How should we filter out features to restrict primer design locations?

The prodigal results generated in an early step are not being used for primer design by the package. They are currently kept in a generic features field that points to a GFF file (that could store any feature set), and could be handled in a pdp.py filter step, implemented as pdp.py filter <INCONFIG> <OUTCONFIG>, with optional -–excludefeatures (where the default is to use the features to positively select regions from the input genome, the -–excludefeatures flag would choose the inversion of that feature set).

Applying pdp.py filter after primer design would only reduce the total number of primers carried forward, and not force design of primers only to selected regions. Therefore, we would need to apply the filter prior to primer design, generating a new sequence for each filtering region that would be stitched to generate a new ’input genome’ for primer design.
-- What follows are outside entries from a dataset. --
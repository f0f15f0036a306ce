-- ===== src/Tests/Mount.antt =====
-- The theorems on the FUSE layer at the root with one file.
use encryptedfs.Prelude.{
  ◌≡◌, refl, ◌↔◌, ◌⊎◌, true, false, none, some, [], ◌∷◌, arith, ◌==◌, ok, err,
}
use encryptedfs.Tests.Namespace.{names, one_file, one_file-IsFs, file_entry, folders}
use encryptedfs.Mount.{check_access, Request, eacces}
use encryptedfs.Mount.Handlers.{unlink, setattr_owner}
use encryptedfs.Mount.Access.{class_of, Permits, check_access_lem}
use encryptedfs.Mount.Unlink.{may_remove, unlink_lem}
use encryptedfs.Mount.Chown.{setattr_owner_lem}
use encryptedfs.EncryptedFs.Attr.{merge_attr, FileAttr}
use encryptedfs.EncryptedFs.Inodes.{
  get_inode_from_storage, put_cache, get_inode_from_cache_or_storage, merge_reads, merge_open_reads,
  merge_open_write, get_attr, write_inode_to_storage, set_attr2, set_attr,
}
use encryptedfs.EncryptedFs.Inodes.Named.{merged}
use encryptedfs.EncryptedFs.Entries.{exists_by_name, encrypt_name, insert_directory_entry}
use encryptedfs.EncryptedFs.Nodes.{
  generate_next_inode, create_contents_file, create_contents_dir, create_dir, create_contents,
  create_handle, create_node, create,
}
use encryptedfs.EncryptedFs.Nodes.Remove.{IsRemoved}
use encryptedfs.EncryptedFs.Nodes.Removal.{SameDisk}
use encryptedfs.EncryptedFs.Root.{root_attr, create_root, ensure_root_exists}
use encryptedfs.Prelude.Assoc.{lookup}

-- Another user.
abbrev caller : Request
caller = record { uid = 5; gid = 6; pid = 1 }

abbrev root_dir_attr : FileAttr
root_dir_attr = elim (lookup 1 one_file.inodes.storage) [ none ↦ root_attr 0 0 0 | some a ↦ a ]

abbrev a_file_attr : FileAttr
a_file_attr = elim (lookup 2 one_file.inodes.storage) [ none ↦ root_attr 0 0 0 | some a ↦ a ]

check_access_lem_example :
    (check_access 1 2 420 5 2 4 ≡ true) ↔ Permits (5 == 0) (class_of 1 2 420 5 2) 420 4
check_access_lem_example = check_access_lem 1 2 420 5 2 4 (omega arith)

unlink_lem_example :
    let (r, s) = unlink names 50 caller 1 (97 ∷ []) one_file in
    ((may_remove caller (merged 1 one_file.inodes root_dir_attr) a_file_attr ≡ true)
      × (r ≡ ok tt)
      × IsRemoved names 1 (folders 1 one_file) (97 ∷ []) file_entry one_file s)
    ⊎ ((may_remove caller (merged 1 one_file.inodes root_dir_attr) a_file_attr ≡ false)
        × (r ≡ err eacces)
        × SameDisk one_file s)
unfolding ensure_root_exists create_root write_inode_to_storage put_cache create_contents_dir
    insert_directory_entry encrypt_name create create_node generate_next_inode exists_by_name
    create_contents create_contents_file create_dir set_attr set_attr2 get_attr
    get_inode_from_cache_or_storage get_inode_from_storage merge_open_write merge_open_reads
    merge_reads merge_attr create_handle
unlink_lem_example =
    unlink_lem names 50 caller 1 (97 ∷ []) (folders 1 one_file) file_entry one_file one_file-IsFs
      refl refl root_dir_attr a_file_attr refl refl (refl, refl) refl

setattr_owner_lem_example :
    let (r, s) = setattr_owner (λ pid. []) 50 caller 2 none (some 5) none one_file in
    (b : FileAttr) × (c : FileAttr) × (r ≡ ok (some b))
    × (b.uid ≡ 1)
    × (b.gid ≡ 1)
    × (lookup 2 s.inodes.storage ≡ some c)
    × (c.uid ≡ 1)
    × (c.gid ≡ 1)
unfolding ensure_root_exists create_root write_inode_to_storage put_cache create_contents_dir
    insert_directory_entry encrypt_name create create_node generate_next_inode exists_by_name
    create_contents create_contents_file create_dir set_attr set_attr2 get_attr
    get_inode_from_cache_or_storage get_inode_from_storage merge_open_write merge_open_reads
    merge_reads merge_attr create_handle
setattr_owner_lem_example =
    setattr_owner_lem (λ pid. []) 50 caller 2 one_file one_file-IsFs a_file_attr refl (some 5) none
      refl
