-- ===== src/Tests/Rewriting.antt =====
-- The theorem on the seeking writer, at a concrete input.
use encryptedfs.Prelude.{◌≡◌, refl, false, none, some, [], ◌∷◌, arith, ok}
use encryptedfs.Io.{start}
use encryptedfs.Io.File
use encryptedfs.Io.File.{File}
use encryptedfs.BufMut
use encryptedfs.Crypto.{le_bytes}
use encryptedfs.Crypto.Decrypt
use encryptedfs.Crypto.Write
use encryptedfs.Crypto.Write.Seek
use encryptedfs.Crypto.Write.Seek.{
  RingCryptoWriteSeek, seek, seek_target, seek_to, seek_in_block, load_first, decrypt_block,
  load_block, take_block, position, write_current, write,
}
use encryptedfs.Crypto.Write.Seek.Stale.{seek-past_end, Loaded}
use encryptedfs.Tests.Sample.{sample, key}

-- A file of one full block.
abbrev one_block : File
one_block = record { content = 0 ∷ 7 ∷ 10 ∷ 11 ∷ 12 ∷ 46 ∷ []; cursor = 0; quota = 100; burst = 1 }

abbrev unloaded : RingCryptoWriteSeek
unloaded = Seek.new sample one_block key

-- The writer after a seek to the second byte.
abbrev loaded : RingCryptoWriteSeek
loaded = record {
  inner = record {
    out = some one_block;
    key = key;
    buf = record {
      buf = 10 ∷ 11 ∷ 12 ∷ [];
      pos_write = 1;
      pos_read = 0;
      available = 3;
      dirty = false;
    };
    nonce_sequence = record { draws = 0; last_nonce = none };
    block_index = 0;
  };
  opening_key = key;
  last_nonce = some (0 ∷ 7 ∷ []);
  decrypt_buf = record {
    buf = 0 ∷ 7 ∷ 10 ∷ 11 ∷ 12 ∷ 46 ∷ [];
    pos_write = 0;
    pos_read = 2;
    available = 5;
    dirty = false;
  };
}

seek_first : seek sample 2 (start 1) unloaded ≡ (ok 1, loaded)
unfolding seek seek_target seek_to seek_in_block load_first decrypt_block load_block take_block
    position write_current Decrypt.decrypt_block Decrypt.fill_from Decrypt.open_block
    Decrypt.accept_block BufMut.clear BufMut.seek_available BufMut.seek_read BufMut.seek_write
    BufMut.new Write.new Seek.new File.read File.seek_to le_bytes
seek_first = refl

loaded-Loaded : Loaded sample 1 one_block loaded
loaded-Loaded = record {
  is_open = refl;
  burst = omega arith;
  whole = refl;
  small = omega arith;
  buf_valid = omega arith;
  buf_len = refl;
  clean = refl;
  earlier = omega arith;
  inside = omega arith;
}

seek-past_end_example :
    let (r, w) = seek sample 2 (start 4) loaded in
    let (r2, w2) = write sample (99 ∷ []) w in
    (r ≡ ok 4)
    × (r2 ≡ ok 1)
    × (w2.inner.block_index ≡ 1)
    × (BufMut.as_ref w2.inner.buf ≡ 10 ∷ 99 ∷ 12 ∷ [])
seek-past_end_example =
    seek-past_end sample loaded-Loaded 1 (omega arith) (omega arith) (omega arith) 2 (99 ∷ [])
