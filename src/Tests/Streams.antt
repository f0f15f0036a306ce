-- ===== src/Tests/Streams.antt =====
-- The theorems on src/stream_util.rs over a file that gives two bytes at a time, with a buffer of
-- three bytes.
use encryptedfs.Stream.Fill.{fill_zeros_lem}
use encryptedfs.Prelude.{ℕ, ◌≡◌, refl, true, false, List, [], ◌∷◌, arith, ok}
use encryptedfs.Io.File.{File}
use encryptedfs.Io.File
use encryptedfs.Io.Kept.{FileAhead, FileWritten, file_reads, file_writes}
use encryptedfs.Stream
use encryptedfs.Stream.Skip.{seek_forward_lem}
use encryptedfs.Stream.Copy.{copy_lem, read_whole_lem}

abbrev bytes : List ℕ
bytes = 1 ∷ 2 ∷ 3 ∷ 4 ∷ 5 ∷ []

abbrev source : File
source = record { content = bytes; cursor = 0; quota = 0; burst = 2 }

abbrev target : File
target = record { content = 9 ∷ []; cursor = 1; quota = 50; burst = 1 }

source_ahead : FileAhead source bytes
source_ahead = record { burst = omega arith; split = refl }

target_written : FileWritten 50 target (9 ∷ [])
target_written = record { whole = refl; at_end = refl; same_quota = refl }

seek_forward_lem_example :
    let (r, f) = Stream.seek_forward 3 File.read 4 false source in (r ≡ ok 4) × FileAhead f (5 ∷ [])
seek_forward_lem_example =
    seek_forward_lem file_reads 3 4 false (omega arith) (omega arith) source bytes source_ahead

copy_lem_example :
    let (r, s) = Stream.copy 3 File.read File.write_all 7 true (source, target) in
    (r ≡ ok 5) × FileAhead s.0 [] × FileWritten 50 s.1 (9 ∷ 1 ∷ 2 ∷ 3 ∷ 4 ∷ 5 ∷ [])
copy_lem_example =
    copy_lem file_reads (file_writes 50) 3 7 true (omega arith) (source, target) bytes (9 ∷ [])
      source_ahead target_written (omega arith)

read_whole_lem_example :
    let (r, f) = Stream.read File.read 3 source in
    (r ≡ ok (1 ∷ 2 ∷ 3 ∷ [])) × FileAhead f (4 ∷ 5 ∷ [])
read_whole_lem_example = read_whole_lem file_reads 3 source bytes (omega arith) source_ahead

fill_zeros_lem_example :
    let (r, f) = Stream.fill_zeros 3 File.write_all 4 target in
    (r ≡ ok tt) × FileWritten 50 f (9 ∷ 0 ∷ 0 ∷ 0 ∷ 0 ∷ [])
fill_zeros_lem_example =
    fill_zeros_lem (file_writes 50) 3 4 (omega arith) target (9 ∷ []) target_written (omega arith)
The filtered sequence could be carried forward in the ’seqfile’ field except that we want to run primersearch against the original genomes; therefore we should carry forward a link to the sequence in a new field, maybe filtered_seqfile. We’d want suitably long Ns to separate each filter region, so an argument to specify the number (default 250?) like -–spacerlen N would be useful.

This could be handled in new subcommands, specific to the kind of filtering being performed: e.g. pdp.py cdsfilter, where both the prodigal genecall step and filtering of the genome are combined to modify the config file. A similar command, such as igrfilter could be created, where the prodigal predictions are used to identify intergenic regions, and regions chosen that include these, plus some of the flanking gene for that region (with an argument such as -–flanklen N to decide how much of the gene to incorporate)

Alternatively, the pdp.py filter command could have flags like -–prodigal or -–igr to direct the action of the filter (or an -–inplace option so that custom GFF files could be used), but now the filtered_seqfile field will be created for the next config file to go on to the next step, and the filter would require to be explicitly used with a --filter flag, such as pdp.py eprimer3 --filter <INCONFIG> <OUTCONFIG>.